Monthly Archives: September 2015

Baseball’s Brotherly Love

Baseball has had its share of siblings on the diamond: Cal and Billy Ripken, Rick and Wes Ferrell, Rickie and Jemile Weeks, etc. but perhaps the most notorious brother tandem in Major League history was the Stovall Brothers, George and Jesse.  Born in a small Missouri town, the Stovalls were fierce competitors–George was nicknamed “Firebrand” on account of his rough temperament.  Unlike the Coveleski Brothers, Stan and Harry, who refused to play against each other because they didn’t want to be responsible for the other’s loss, the Stovall boys had no such qualms.  This story of the Stovall Brothers, titled “No Brotherly Love in Them,” comes from a 1916 edition of the Kansas City Star.

With Jesse on the mound, pitching for Detroit, his kid brother George, during his rookie season, strode to the plate for his Cleveland club as a pinch hitter, with two runners on, to square off with his older brother in one of his first Major League at-bats.  The Star tells it like this: “‘Come on, you busher!’ was the way Jess greeted George as he came to the plate.  ‘I’ll fan you out of the big leagues.’  But Brother George made a base hit that cleared the bases.  It broke Jess all up, and after that season he went back to the minors, while George stayed on for ten years.”
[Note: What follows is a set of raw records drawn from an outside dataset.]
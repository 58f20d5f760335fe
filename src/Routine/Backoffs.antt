-- ===== src/Routine/Backoffs.antt =====
-- pkg/routine/backoff.go and redis_lock.go: at most one of the backoffs is in use.
use bricks.Prelude.{ℕ, ◌/◌, ◌≡◌, ◌⊎◌, inl, inr, true, false, List, [], ◌∷◌, All, if_cases}
use bricks.Prelude.Int.{ℤ, pos}
use bricks.Prelude.Text.{Text, codes, text_eq}
use bricks.Routine.{
  Exponential, Outcome, lock_error, not_obtained, ran, CombinedExponentialBackoff, reset_all,
  duration_of, single_run, run_loop, run,
}

module _ (exponential : Exponential) where
  open exponential use {Backoff, duration, reset}

  -- A backoff that is not in use: resetting it changes nothing.
  abbrev pub IsReset : Backoff → Type 0
  IsReset b = reset b ≡ b

  -- All backoffs but those of one key are reset.
  abbrev pub OnlyUsed : Text → CombinedExponentialBackoff exponential → Type 0
  OnlyUsed key all = All (λ (e : Text × Backoff). (text_eq e.0 key ≡ true) ⊎ IsReset e.1) all

  module _ (reset_twice : (b : Backoff) → reset (reset b) ≡ reset b) where
    reset_all-OnlyUsed :
        (key : Text) (all : CombinedExponentialBackoff exponential)
        → OnlyUsed key (reset_all exponential all)
    unfolding reset_all
    reset_all-OnlyUsed key [] = tt
    reset_all-OnlyUsed key ((k, b) ∷ all) = (inr (reset_twice b), reset_all-OnlyUsed key all)

    duration_of-OnlyUsed :
        (key : Text) (all : CombinedExponentialBackoff exponential)
        → OnlyUsed key (duration_of exponential key all).1
    unfolding duration_of
    duration_of-OnlyUsed key [] = tt
    duration_of-OnlyUsed key ((k, b) ∷ all) =
        if_cases (λ (r : ℤ × CombinedExponentialBackoff exponential). OnlyUsed key r.1)
          (text_eq k key) _ _ (λ e. (inl e, duration_of-OnlyUsed key all))
          (λ _. (inr (reset_twice b), duration_of-OnlyUsed key all))

    single_run-OnlyUsed :
        (i : ℤ) (o : Outcome) (all : CombinedExponentialBackoff exponential)
        → (key : Text) × OnlyUsed key (single_run exponential i o all).1
    unfolding single_run
    single_run-OnlyUsed i lock_error all = (codes "lock", duration_of-OnlyUsed (codes "lock") all)
    single_run-OnlyUsed i not_obtained all = ([], reset_all-OnlyUsed [] all)
    single_run-OnlyUsed i (ran true) all =
        (codes "routine", duration_of-OnlyUsed (codes "routine") all)
    single_run-OnlyUsed i (ran false) all = ([], reset_all-OnlyUsed [] all)

    run_loop-OnlyUsed :
        (i again : ℤ) (os : List Outcome) (all : CombinedExponentialBackoff exponential)
        → (key : Text) × OnlyUsed key all
        → (key : Text) × OnlyUsed key (run_loop exponential i again os all).1
    unfolding run_loop
    run_loop-OnlyUsed i again [] all h = h
    run_loop-OnlyUsed i again (o ∷ os) all h =
        run_loop-OnlyUsed i (single_run exponential i o all).0 os (single_run exponential i o all).1
          (single_run-OnlyUsed i o all)

    -- However often the lock or the routine fails, and in whatever order: at any time all backoffs
    -- are reset but those of one key at most, if a new backoff is one that is reset.
    pub run-OnlyUsed :
        (ttl : ℕ) (fresh : Backoff) (os : List Outcome)
        → IsReset fresh
        → (key : Text) × OnlyUsed key (run exponential ttl fresh os).1
    unfolding run
    run-OnlyUsed ttl fresh os h =
        run_loop-OnlyUsed (pos (ttl / 5)) (pos 0) os
          ((codes "lock", fresh) ∷ (codes "routine", fresh) ∷ []) ([], (inr h, (inr h, tt)))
George “Firebrand” Stovall was a terrific first baseman–one of the best of his time–whose temper and fiery, combative nature endeared him to fans.  But umpires took a dim view of George’s volcanic temperament; as did Ban Johnson, head of the American League.  Stovall might be the only player in history to be blacklisted by the American League for spitting.  Of course, the addition to that story is that Stovall spent an entire inning working up a plentiful wad of tobacco juice which he sought to expectorate upon an incompetent arbiter.  When the final out was recorded that inning, George, on his way to the dugout, deviated from his course in order to coat the umpire’s torso with the discarded tobacco juice.  Stovall was immediately tossed from the game, Ban Johnson blacklisted him from the American League, and George ventured to the upstart Federal League where he spent two years getting  a measure of revenge on Johnson by luring some AL players to the newly formed league.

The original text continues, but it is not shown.